И даже в драматургии, где автор лишен права голоса, Уайлдер заявляет о своем присутствии – пишет предисловие к сборнику «Три пьесы», где разъясняет смысл и название каждой.
У драмы идей свои эстетические правила.
Разве помним мы, как выглядит дядя Пио, один из персонажей «Моста», разве подвержен он случайным переменам настроения, которые выдали бы в нем индивидуальную особенность, живость характера? Нет – нам явлена страсть, заключенная в хрупкую человеческую оболочку: безраздельное служение Искусству. В маленькой голенастой девчонке, кафешантанной певичке по имени Перикола, угадал он божественный дар, выкупил ее, и с этого момента его жизнь обрела смысл: появилась надежда воплотить Замысел, Идею. «Дядя Пио и Камила Перикола изводили себя, пытаясь установить в Перу нормы какого-то Небесного Театра, куда раньше них ушел Кальдерон». И когда творческий дар в Периколе иссяк, когда вдохновение уступило место накопленной исполнительской технике – пресыщенная и самовлюбленная публика вполне ею удовлетворялась, – дядя Пио добился того, чтобы она отдала ему сына: может быть, маленький Хаиме с его необыкновенной красотой и «поразительно терпеливым выражением лица» осуществит то, что не удалось матери.

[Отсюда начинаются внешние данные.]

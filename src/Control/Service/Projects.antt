-- ===== src/Control/Service/Projects.antt =====
-- engine/control/service.ts: creating, changing and deleting a project, and the requests that answer
-- with a job.
--
-- The texts of a project are opaque numbers; their lengths are carried by the type. The session and
-- the CSRF test are left out.
pub mod Deleted
use forge_ai.Prelude.{
  ℕ, ◌+◌, Bool, true, false, ◌&&◌, not, Option, none, some, List, [], ◌∷◌, ◌++◌, ◌==◌, ◌!=◌,
  if◌then◌else◌, any, keep, find, update, revision_mismatch, state_conflict,
}
use mathlib.Core.Option
use forge_ai.Contracts.Review
use forge_ai.Contracts.Review.{ReviewKind, Role, approve}
use forge_ai.Jobs.{is_terminal}
use forge_ai.Control.Tables.{
  JobRow, ProjectRow, PreviewRow, PreviewState, is_ready, EnvironmentRow, ReviewRow,
  project_created, project_updated, project_deleting, Response, project_body, job_body,
  deleting_body, post_projects, patch_project, delete_project, post_approvals, post_promote,
  post_cancel, Route,
}
use forge_ai.Control.Tx.{
  Environment, Tx, ◌>>=◌, ◌>>◌, return, reject_if, one, read, write, clock, random_uuid,
}
use forge_ai.Control.State.{audit}
use forge_ai.Control.Service.{project, cancel_locked, cancel_job}
use forge_ai.Control.Service.Admission.{unfinished}
use forge_ai.Control.Service.Approval.{ApproveInput, PromoteInput, approve_job}
use forge_ai.Control.Service.Idempotency.{idempotent}

-- `projectInputSchema`
pub record ProjectInput : Type 0 where
  pub name : ℕ
  pub brief : ℕ
  pub preset_id : ℕ
  pub preset_version : ℕ

-- `projectPatchSchema`
pub record ProjectPatch : Type 0 where
  pub name : Option ℕ
  pub brief : Option ℕ
  pub preset_id : Option ℕ
  pub preset_version : Option ℕ

abbrev pub project_is : ℕ → ProjectRow → Bool
project_is id p = p.id == id

-- The columns that a patch sets: those it names, and the next revision.
unfoldable pub patched : ProjectPatch → ProjectRow → ProjectRow → ProjectRow
patched body prior p = record p {
  name = Option.get_or body.name prior.name;
  brief = Option.get_or body.brief prior.brief;
  preset_id = Option.get_or body.preset_id prior.preset_id;
  preset_version = Option.get_or body.preset_version prior.preset_version;
  revision = p.revision + 1;
}

abbrev pub mark_deleting : ℕ → ProjectRow → ProjectRow
mark_deleting now p = record p { deleting_at = some now; revision = p.revision + 1 }

abbrev pub stop_ready : ℕ → PreviewRow → PreviewRow
stop_ready id x =
    if x.project_id == id && is_ready x.state then record x { state = PreviewState.stopping } else x

abbrev pub expire : ℕ → ℕ → EnvironmentRow → EnvironmentRow
expire id now x =
    if x.project_id == id && not x.is_destroyed then record x { expires_at = now } else x

abbrev pub is_promotion_review : ℕ → ℕ → ReviewRow → Bool
is_promotion_review id version r =
    r.job_id == id
    && r.state_version == version
    && (elim (r.kind) [ Review.promotion ↦ true | _ ↦ false ])

module _ (env : Environment) where
  -- The row that `createProject` inserts, with the defaults of the table.
  unfoldable pub new_project : ℕ → ProjectInput → ℕ → ProjectRow
  new_project workspace body id = record {
    id = id;
    workspace_id = workspace;
    name = body.name;
    brief = body.brief;
    preset_id = body.preset_id;
    preset_version = body.preset_version;
    template_digest = env.fixture_template;
    revision = 1;
    head_snapshot_id = none;
    deleting_at = none;
  }

  unfoldable pub create_project : ℕ → ℕ → List ℕ → ℕ → ProjectInput → Tx Response
  unfolding idempotent new_project audit
  create_project workspace actor key digest body =
      idempotent env workspace actor (post_projects workspace) key digest (do
        id ← random_uuid env
        write (λ w. record w { projects = w.projects ++ new_project workspace body id ∷ [] })
        audit env workspace id actor project_created
        return (record { status = 201; body = project_body (new_project workspace body id) }))

  -- The action of `patchProject`.
  unfoldable pub patch : ℕ → ℕ → ℕ → ProjectPatch → Tx ProjectRow
  unfolding project patched audit
  patch id actor revision body = do
    prior ← project env id
    reject_if (prior.revision != revision) revision_mismatch
    busy ← read (λ w. any (λ (j : JobRow). j.project_id == id && unfinished j) w.jobs)
    reject_if busy state_conflict
    clock env
    write (λ w. record w { projects = update (project_is id) (patched body prior) w.projects })
    audit env (patched body prior prior).workspace_id (patched body prior prior).id actor
        project_updated
    return (patched body prior prior)

  unfoldable pub patch_request : ℕ → ℕ → ℕ → List ℕ → ℕ → ℕ → ProjectPatch → Tx Response
  unfolding patch idempotent
  patch_request workspace id actor key digest revision body =
      idempotent env workspace actor (patch_project id) key digest (do
        p ← patch id actor revision body
        return (record { status = 200; body = project_body p }))

  -- `for (const j of jobs) await this.cancelLocked(c, j)`
  unfoldable pub cancel_each : List JobRow → Tx (Unit {0})
  unfolding cancel_locked
  cancel_each [] = return tt
  cancel_each (j ∷ js) = cancel_locked env j >> cancel_each js

  -- The statements of `deleteProject` after the jobs are cancelled.
  unfoldable pub close_project : ProjectRow → ℕ → Tx (Unit {0})
  unfolding audit
  close_project p actor = do
    deleted ← clock env
    write (λ w. record w { projects = update (project_is p.id) (mark_deleting deleted) w.projects })
    write (λ w. record w {
      previews = update (λ (x : PreviewRow). x.project_id == p.id) (stop_ready p.id) w.previews;
    })
    expired ← clock env
    write (λ w. record w {
      environments =
          update (λ (x : EnvironmentRow). x.project_id == p.id) (expire p.id expired)
            w.environments;
    })
    audit env p.workspace_id p.id actor project_deleting

  -- The action of `deleteProject`.
  unfoldable pub delete : ℕ → ℕ → ℕ → Tx (Unit {0})
  unfolding project cancel_each close_project
  delete id actor revision = do
    p ← project env id
    reject_if (p.revision != revision) revision_mismatch
    jobs ← read (λ w. keep (λ (j : JobRow). j.project_id == id && unfinished j) w.jobs)
    cancel_each jobs
    close_project p actor

  unfoldable pub delete_request : ℕ → ℕ → ℕ → List ℕ → ℕ → ℕ → Tx Response
  unfolding delete idempotent
  delete_request workspace id actor key digest revision =
      idempotent env workspace actor (delete_project id) key digest
        (do delete id actor revision; return (record { status = 202; body = deleting_body id }))

  -- `cancel`
  unfoldable pub cancel_request : ℕ → ℕ → ℕ → List ℕ → ℕ → Tx Response
  unfolding cancel_job idempotent
  cancel_request workspace id actor key digest =
      idempotent env workspace actor (post_cancel id) key digest (do
        j ← cancel_job env id actor
        return (record { status = if is_terminal j.state then 200 else 202; body = job_body j }))

  -- `promotion ? 'POST /jobs/…/promote' : 'POST /jobs/…/approvals'`
  abbrev approval_route : Option PromoteInput → ℕ → Route
  approval_route none id = post_approvals id
  approval_route (some b) id = post_promote id

  -- `approve`; the project beside the job of an approved promotion is left out of the body.
  unfoldable pub approve_request :
      ℕ → ℕ → ℕ → Role → List ℕ → ℕ → ApproveInput → Option PromoteInput → Tx Response
  unfolding approve_job idempotent
  approve_request workspace id actor role key digest body binding =
      idempotent env workspace actor (approval_route binding id) key digest (do
        j ← approve_job env id actor role body binding
        return (record { status = 200; body = job_body j }))

  -- `promote`: the review that it names, and the approval of it. `version` is the binding's
  -- `stateVersion`.
  unfoldable pub promote : ℕ → ℕ → ℕ → Role → List ℕ → ℕ → ℕ → PromoteInput → Tx Response
  unfolding approve_request
  promote workspace id actor role key digest version binding = do
    review ← one (λ w. find (is_promotion_review id version) w.reviews)
    approve_request workspace id actor role key digest
        (record {
          kind = Review.promotion;
          subject_digest = Option.get_or review.subject_digest 0;
          state_version = version;
          decision = approve;
        })
        (some binding)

А разве помним мы цвет глаз, рост, манеры, вообще облик Джона Эшли, центрального персонажа романа «День Восьмой»? Напротив, черты его с первых же страниц намеренно размываются: «ни брюнет, ни блондин, ни высокий, ни низенький, ни толстый, ни худой, ни веселый, ни скучный». В этом произведении, правда, больше живости, чем в маленьких романах 20-х годов – временная (начало века) и географическая (американская провинция) определенность накладывает некоторые обязательства, и автор с обычным мастерством описывает пейзажи и типы городка на Среднем Западе. Более того, в «Дне Восьмом» проглядывают черты традиционного семейного романа: перед читателем проходят два поколения семей Эшли и Лансинг и даже брошен взгляд в прошлое – обнажены корни, описана родословная героев. Но сделано это с единственной целью – показать, как – волею случая ли, сцеплением ли обстоятельств – являются на свет такие люди, как Эшли, «люди-невидимки», люди, которых никто не замечает, но чьим упорством, волей, а главное – верой жив мир. «Таким чужд страх, неведомо себялюбие; способность неустанно дивиться чуду жизни – вот что питает их корни… Их взгляд устремлен в будущее. И в грозный час они выстоят. Они отстоят город – а если погибнут, потерпев неудачу, их пример поможет потом отстоять другие города. Они вечно готовы бороться с несправедливостью. Они поднимут упавших и вдохнут надежду в отчаявшихся».
Слова эти прозвучали в 1967 году, когда Америка, глубоко увязшая во Вьетнаме, словно ощутила себя на распутье, нервически пытаясь выбраться на верную дорогу, что, в частности, и отразилось в молодежных и иных движениях. Эта духовная атмосфера питала книги ведущих писателей той поры – Воннегута, Апдайка, Чивера. Произведения же, подобные «Дню Восьмому», манили зыбкой надеждой, но снова, как и за сорок лет до этого, казались безнадежно оторванными от реального положения дел.
Впрочем, надежда – во всяком случае, в глазах писателя – была не столь уж и зыбкой, и он всячески стремился доказать это. Уже знакомый нам дядя Пио говорит о постоянной готовности к «работе жизни», которая отличает избранные натуры, но ведь именно к ним и принадлежат любимые герои Уайлдера: Джон Эшли, Теофил Норт, Сэмюэле, герой-рассказчик «Каббалы», которому люди охотно поверяют свои тайны, у которого ищут дружбы и тепла. Все они не только говорят об идеалах добра – они активно творят его, посвящая себя без остатка служению людям.